BEGIN Given data
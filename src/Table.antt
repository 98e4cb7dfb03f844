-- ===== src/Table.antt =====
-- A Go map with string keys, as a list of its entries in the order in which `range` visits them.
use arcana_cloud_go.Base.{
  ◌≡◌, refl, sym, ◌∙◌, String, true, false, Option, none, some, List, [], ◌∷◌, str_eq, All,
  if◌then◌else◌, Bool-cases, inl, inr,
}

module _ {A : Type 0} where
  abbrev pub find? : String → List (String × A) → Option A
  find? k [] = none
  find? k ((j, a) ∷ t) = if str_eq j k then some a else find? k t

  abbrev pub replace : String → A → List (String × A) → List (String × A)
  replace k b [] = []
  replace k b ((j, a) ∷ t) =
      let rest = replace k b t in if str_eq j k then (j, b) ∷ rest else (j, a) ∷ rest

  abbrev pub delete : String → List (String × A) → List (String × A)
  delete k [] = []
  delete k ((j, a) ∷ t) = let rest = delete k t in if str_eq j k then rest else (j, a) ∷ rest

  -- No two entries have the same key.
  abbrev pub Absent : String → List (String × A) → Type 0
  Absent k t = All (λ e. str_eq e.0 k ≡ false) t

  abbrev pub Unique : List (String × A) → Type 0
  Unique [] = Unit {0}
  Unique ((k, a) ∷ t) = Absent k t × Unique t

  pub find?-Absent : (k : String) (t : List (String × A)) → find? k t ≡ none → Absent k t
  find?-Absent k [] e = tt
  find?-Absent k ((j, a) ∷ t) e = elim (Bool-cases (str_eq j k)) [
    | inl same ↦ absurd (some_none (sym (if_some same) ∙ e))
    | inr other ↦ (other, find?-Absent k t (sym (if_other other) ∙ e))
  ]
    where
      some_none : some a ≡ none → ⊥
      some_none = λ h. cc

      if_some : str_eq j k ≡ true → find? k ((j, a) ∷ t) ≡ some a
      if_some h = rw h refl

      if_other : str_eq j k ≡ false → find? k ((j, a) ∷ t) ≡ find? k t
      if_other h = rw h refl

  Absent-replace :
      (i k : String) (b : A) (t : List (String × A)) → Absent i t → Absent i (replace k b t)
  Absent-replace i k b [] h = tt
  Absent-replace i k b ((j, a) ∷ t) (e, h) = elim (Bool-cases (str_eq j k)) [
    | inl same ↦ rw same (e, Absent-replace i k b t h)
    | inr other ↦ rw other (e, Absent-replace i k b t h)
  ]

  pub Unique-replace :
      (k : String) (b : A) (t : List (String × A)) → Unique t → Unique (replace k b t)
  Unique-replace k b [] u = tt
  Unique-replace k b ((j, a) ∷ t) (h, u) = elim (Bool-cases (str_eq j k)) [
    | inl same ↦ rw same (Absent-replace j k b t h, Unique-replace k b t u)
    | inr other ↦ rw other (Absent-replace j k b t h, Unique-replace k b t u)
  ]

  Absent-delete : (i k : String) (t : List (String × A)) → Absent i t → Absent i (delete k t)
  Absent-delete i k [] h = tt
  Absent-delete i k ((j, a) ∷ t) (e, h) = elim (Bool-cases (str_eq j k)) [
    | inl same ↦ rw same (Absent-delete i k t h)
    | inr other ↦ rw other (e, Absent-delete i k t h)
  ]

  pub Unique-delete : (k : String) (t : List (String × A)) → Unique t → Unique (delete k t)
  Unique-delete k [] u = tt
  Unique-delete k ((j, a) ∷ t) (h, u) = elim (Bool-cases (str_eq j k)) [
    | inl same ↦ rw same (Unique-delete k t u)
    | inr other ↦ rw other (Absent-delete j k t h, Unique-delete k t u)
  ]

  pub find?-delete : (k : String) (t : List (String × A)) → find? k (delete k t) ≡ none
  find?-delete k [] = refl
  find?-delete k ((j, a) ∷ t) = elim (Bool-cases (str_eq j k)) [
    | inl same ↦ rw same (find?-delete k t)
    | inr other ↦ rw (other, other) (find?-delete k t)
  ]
END Given data
BEGIN Given data
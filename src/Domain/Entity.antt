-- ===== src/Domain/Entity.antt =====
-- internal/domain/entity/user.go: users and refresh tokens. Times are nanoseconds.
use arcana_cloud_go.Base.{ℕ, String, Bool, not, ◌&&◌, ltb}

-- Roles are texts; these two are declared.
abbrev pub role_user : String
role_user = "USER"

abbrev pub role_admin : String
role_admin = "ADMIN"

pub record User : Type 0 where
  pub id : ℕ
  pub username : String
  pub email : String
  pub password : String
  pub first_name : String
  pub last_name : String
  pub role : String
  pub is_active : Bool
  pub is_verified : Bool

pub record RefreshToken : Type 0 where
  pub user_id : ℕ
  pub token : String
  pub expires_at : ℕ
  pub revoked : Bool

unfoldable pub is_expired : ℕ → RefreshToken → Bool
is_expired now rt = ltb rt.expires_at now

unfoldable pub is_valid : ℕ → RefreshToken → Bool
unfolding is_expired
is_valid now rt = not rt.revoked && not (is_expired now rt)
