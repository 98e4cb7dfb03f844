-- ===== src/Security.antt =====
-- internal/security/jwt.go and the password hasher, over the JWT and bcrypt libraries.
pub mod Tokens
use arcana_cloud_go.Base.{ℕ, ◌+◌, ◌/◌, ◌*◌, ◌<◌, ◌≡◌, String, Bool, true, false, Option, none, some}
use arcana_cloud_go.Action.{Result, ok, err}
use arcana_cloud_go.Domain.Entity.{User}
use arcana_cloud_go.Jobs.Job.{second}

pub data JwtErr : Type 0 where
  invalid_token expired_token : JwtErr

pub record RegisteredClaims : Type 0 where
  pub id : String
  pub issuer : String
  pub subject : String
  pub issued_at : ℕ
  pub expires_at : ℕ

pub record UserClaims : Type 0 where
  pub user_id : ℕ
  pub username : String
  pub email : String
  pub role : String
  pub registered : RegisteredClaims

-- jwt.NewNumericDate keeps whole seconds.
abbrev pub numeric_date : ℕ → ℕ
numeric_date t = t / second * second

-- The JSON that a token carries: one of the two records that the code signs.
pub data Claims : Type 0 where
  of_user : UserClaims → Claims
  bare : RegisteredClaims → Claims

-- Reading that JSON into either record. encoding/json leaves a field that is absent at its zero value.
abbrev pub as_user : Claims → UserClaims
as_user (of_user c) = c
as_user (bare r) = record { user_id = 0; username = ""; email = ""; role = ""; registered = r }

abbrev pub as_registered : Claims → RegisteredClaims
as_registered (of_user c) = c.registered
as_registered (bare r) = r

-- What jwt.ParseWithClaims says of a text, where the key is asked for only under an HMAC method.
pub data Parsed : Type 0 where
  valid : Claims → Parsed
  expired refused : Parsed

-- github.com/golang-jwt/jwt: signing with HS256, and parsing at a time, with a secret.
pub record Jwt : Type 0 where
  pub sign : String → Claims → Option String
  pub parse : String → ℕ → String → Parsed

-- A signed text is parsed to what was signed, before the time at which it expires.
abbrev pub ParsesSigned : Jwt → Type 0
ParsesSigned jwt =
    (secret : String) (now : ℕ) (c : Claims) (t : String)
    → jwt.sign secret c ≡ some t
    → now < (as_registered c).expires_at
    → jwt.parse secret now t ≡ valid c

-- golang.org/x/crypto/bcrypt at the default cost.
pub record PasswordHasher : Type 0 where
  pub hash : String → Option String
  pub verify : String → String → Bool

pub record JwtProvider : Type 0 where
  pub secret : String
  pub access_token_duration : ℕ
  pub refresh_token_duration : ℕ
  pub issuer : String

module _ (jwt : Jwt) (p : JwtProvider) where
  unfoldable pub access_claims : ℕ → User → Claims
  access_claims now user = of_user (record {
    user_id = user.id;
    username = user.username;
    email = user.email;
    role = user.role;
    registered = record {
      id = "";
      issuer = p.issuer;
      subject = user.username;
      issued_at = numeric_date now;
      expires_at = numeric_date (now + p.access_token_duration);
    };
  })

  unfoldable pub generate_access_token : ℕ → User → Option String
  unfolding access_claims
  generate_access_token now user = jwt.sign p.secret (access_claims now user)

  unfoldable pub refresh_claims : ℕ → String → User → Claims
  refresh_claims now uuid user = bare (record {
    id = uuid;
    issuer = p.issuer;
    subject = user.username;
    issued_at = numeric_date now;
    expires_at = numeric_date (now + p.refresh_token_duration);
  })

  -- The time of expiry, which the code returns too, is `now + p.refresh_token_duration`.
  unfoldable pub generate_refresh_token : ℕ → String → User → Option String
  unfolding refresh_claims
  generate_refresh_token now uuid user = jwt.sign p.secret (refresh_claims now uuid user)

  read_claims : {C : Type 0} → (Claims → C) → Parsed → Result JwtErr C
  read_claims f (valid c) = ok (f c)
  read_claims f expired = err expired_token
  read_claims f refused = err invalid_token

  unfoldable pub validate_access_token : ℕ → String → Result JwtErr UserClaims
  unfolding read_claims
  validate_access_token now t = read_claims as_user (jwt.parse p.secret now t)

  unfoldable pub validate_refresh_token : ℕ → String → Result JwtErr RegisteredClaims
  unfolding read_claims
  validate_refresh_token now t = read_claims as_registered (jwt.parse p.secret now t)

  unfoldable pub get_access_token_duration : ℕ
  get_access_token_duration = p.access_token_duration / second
END Given data
• [Directions for this task]
Copy the lines above exactly, beginning at the line that has "other) ∙ e))" and stopping after the line that has "rw same (Absent-replace", and omit the rest.

• [Output of the exercise]
    | inr other ↦ (other, find?-Absent k t (sym (if_other other) ∙ e))
  ]
    where
      some_none : some a ≡ none → ⊥
      some_none = λ h. cc

      if_some : str_eq j k ≡ true → find? k ((j, a) ∷ t) ≡ some a
      if_some h = rw h refl

      if_other : str_eq j k ≡ false → find? k ((j, a) ∷ t) ≡ find? k t
      if_other h = rw h refl

  Absent-replace :
      (i k : String) (b : A) (t : List (String × A)) → Absent i t → Absent i (replace k b t)
  Absent-replace i k b [] h = tt
  Absent-replace i k b ((j, a) ∷ t) (e, h) = elim (Bool-cases (str_eq j k)) [
    | inl same ↦ rw same (e, Absent-replace i k b t h)
    | inr other ↦ rw other (e, Absent-replace i k b t h)
  ]

  pub Unique-replace :
      (k : String) (b : A) (t : List (String × A)) → Unique t → Unique (replace k b t)
  Unique-replace k b [] u = tt
  Unique-replace k b ((j, a) ∷ t) (h, u) = elim (Bool-cases (str_eq j k)) [
    | inl same ↦ rw same (Absent-replace j k b t h, Unique-replace k b t u)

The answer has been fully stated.